───── Dataset excerpts
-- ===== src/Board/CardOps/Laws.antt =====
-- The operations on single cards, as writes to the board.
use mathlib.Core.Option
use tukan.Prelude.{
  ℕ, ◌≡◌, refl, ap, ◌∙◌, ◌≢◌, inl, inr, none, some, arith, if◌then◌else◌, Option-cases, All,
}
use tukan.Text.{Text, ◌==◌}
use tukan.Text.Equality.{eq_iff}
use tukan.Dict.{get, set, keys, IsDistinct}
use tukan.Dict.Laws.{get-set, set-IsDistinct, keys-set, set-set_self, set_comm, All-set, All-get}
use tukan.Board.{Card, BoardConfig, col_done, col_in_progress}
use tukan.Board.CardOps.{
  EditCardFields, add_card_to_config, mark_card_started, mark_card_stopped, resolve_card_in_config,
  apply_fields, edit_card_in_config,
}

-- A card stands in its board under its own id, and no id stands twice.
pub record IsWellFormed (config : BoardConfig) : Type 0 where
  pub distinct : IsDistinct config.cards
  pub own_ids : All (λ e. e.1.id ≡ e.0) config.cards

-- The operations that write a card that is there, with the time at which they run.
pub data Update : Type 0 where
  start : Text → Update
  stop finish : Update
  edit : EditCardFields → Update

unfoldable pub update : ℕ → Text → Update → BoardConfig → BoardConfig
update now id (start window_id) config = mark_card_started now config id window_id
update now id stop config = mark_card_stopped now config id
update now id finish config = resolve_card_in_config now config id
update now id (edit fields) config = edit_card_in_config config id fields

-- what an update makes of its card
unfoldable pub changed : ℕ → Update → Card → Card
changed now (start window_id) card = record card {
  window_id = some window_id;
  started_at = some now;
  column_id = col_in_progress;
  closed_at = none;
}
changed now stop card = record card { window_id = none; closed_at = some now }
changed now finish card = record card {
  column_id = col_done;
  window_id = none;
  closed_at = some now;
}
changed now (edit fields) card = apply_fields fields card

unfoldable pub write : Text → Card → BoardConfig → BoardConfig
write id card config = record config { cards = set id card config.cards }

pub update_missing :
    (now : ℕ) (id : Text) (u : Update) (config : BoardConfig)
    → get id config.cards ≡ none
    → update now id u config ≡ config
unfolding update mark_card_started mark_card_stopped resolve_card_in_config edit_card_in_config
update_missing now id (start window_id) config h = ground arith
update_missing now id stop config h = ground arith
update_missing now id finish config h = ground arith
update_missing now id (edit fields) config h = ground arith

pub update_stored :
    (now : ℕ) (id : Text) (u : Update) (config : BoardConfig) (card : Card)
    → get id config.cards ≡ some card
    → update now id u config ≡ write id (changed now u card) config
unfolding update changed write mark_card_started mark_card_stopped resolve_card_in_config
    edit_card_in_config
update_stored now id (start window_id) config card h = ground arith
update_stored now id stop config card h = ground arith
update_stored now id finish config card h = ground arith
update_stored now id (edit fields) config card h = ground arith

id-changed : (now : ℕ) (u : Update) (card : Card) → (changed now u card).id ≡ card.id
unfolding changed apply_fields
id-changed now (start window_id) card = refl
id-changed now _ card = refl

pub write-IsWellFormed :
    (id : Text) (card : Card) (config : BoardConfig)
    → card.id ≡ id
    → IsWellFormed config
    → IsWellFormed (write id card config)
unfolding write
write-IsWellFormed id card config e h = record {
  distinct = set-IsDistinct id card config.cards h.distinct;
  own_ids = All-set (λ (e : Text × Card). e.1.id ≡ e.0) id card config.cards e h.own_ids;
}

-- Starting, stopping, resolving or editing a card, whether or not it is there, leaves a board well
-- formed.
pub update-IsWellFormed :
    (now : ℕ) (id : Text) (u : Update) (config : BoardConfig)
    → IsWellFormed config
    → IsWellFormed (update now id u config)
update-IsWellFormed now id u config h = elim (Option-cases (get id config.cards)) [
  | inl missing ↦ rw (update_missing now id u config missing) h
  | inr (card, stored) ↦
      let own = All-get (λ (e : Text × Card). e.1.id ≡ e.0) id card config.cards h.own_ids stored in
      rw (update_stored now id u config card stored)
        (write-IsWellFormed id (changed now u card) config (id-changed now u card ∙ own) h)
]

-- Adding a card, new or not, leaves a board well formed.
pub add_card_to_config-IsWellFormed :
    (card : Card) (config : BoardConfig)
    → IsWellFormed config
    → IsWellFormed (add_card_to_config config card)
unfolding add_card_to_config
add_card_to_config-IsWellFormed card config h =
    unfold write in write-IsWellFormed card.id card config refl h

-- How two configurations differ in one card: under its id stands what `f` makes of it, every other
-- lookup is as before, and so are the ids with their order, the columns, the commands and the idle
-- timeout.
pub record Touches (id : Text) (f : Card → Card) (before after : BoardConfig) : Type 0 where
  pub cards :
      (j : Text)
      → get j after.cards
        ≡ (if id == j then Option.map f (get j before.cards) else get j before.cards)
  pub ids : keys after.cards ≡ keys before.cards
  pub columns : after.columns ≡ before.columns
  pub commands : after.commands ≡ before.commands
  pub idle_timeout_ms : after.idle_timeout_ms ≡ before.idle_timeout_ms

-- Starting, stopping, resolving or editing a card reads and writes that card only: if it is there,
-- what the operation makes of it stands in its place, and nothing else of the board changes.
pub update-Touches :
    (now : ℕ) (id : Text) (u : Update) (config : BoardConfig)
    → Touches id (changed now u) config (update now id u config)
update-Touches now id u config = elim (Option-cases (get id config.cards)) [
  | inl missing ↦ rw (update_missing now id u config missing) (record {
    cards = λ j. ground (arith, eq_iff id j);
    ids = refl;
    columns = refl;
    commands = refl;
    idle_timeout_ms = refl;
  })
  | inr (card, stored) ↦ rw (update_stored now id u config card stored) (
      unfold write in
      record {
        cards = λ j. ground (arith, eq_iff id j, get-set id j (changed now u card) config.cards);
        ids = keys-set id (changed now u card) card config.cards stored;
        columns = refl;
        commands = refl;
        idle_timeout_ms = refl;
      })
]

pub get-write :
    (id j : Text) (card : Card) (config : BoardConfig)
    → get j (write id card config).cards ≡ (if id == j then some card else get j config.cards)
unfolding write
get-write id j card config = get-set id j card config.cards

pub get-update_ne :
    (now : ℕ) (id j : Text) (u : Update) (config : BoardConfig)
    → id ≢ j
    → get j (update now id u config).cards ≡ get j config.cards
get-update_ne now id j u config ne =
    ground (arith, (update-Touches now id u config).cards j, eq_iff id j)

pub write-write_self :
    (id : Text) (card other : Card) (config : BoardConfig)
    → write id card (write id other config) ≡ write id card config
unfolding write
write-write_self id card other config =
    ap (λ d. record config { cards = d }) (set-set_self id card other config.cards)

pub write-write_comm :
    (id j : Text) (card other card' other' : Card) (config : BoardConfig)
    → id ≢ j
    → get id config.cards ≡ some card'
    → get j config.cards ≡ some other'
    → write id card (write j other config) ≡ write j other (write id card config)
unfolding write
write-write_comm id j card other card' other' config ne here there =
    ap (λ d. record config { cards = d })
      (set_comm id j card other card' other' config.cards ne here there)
──────────
───── Dataset excerpts
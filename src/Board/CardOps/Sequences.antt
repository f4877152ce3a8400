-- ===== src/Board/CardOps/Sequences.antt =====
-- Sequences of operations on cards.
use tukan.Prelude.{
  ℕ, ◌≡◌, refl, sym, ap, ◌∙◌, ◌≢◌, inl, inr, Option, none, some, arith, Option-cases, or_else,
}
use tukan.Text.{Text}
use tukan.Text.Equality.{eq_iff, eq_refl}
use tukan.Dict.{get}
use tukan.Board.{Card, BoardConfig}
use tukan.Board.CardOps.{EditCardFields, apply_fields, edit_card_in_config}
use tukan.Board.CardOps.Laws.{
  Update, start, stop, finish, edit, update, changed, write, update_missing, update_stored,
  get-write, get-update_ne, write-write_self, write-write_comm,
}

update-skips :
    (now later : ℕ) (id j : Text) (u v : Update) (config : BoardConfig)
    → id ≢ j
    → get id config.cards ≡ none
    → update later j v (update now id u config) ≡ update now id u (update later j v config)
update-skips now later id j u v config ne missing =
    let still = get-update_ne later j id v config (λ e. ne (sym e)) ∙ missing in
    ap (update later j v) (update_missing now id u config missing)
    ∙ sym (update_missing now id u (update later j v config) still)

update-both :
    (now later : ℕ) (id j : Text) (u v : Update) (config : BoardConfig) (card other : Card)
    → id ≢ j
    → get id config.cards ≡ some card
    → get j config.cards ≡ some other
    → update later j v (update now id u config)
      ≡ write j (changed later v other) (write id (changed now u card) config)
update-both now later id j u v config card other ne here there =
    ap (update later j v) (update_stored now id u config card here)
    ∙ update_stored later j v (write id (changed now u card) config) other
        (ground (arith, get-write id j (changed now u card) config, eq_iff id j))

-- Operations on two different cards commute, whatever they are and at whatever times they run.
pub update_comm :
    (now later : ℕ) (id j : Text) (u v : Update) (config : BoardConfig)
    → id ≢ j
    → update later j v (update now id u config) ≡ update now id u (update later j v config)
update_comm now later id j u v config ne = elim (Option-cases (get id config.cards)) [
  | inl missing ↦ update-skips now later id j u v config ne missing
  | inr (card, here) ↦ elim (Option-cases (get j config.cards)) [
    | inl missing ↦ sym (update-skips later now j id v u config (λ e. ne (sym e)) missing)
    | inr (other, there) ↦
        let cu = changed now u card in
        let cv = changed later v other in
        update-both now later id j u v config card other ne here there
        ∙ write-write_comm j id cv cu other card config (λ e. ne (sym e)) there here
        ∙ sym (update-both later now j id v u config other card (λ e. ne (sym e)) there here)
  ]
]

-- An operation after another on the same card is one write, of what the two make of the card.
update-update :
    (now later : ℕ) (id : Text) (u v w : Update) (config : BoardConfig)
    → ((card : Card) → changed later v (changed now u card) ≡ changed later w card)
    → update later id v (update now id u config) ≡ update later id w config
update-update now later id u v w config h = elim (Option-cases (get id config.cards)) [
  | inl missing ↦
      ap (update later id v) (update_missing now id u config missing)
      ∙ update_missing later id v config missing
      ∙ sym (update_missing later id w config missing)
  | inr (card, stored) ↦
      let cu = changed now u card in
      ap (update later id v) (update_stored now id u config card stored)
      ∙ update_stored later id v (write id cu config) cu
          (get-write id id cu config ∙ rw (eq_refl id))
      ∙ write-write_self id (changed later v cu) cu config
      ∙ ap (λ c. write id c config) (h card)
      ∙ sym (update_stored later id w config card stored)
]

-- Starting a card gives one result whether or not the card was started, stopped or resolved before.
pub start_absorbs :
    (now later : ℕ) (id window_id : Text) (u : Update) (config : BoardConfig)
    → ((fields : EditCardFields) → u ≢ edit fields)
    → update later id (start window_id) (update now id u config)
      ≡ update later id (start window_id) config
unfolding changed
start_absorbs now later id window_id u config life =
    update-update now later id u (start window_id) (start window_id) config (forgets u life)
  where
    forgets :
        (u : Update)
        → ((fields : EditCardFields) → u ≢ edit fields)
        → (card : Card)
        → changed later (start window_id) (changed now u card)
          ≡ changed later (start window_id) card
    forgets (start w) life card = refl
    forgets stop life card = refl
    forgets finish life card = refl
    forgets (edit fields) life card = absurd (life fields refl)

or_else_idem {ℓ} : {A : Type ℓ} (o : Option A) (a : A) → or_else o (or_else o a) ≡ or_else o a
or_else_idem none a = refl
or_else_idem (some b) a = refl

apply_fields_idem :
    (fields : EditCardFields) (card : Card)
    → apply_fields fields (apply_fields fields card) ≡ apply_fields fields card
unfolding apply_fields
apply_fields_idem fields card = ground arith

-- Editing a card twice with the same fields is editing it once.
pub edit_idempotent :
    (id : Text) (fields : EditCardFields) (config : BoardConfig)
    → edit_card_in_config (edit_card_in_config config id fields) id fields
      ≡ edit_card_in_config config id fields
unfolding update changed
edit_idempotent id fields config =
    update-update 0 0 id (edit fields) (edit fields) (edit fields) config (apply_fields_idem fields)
──────────
Action item - Gather each line in the entries above where the string "Sequences" is found.

Solution for this exercise -
filename src/Board/CardOps/Sequences.antt
-- ===== src/Board/CardOps/Sequences.antt =====
-- Sequences of operations on cards.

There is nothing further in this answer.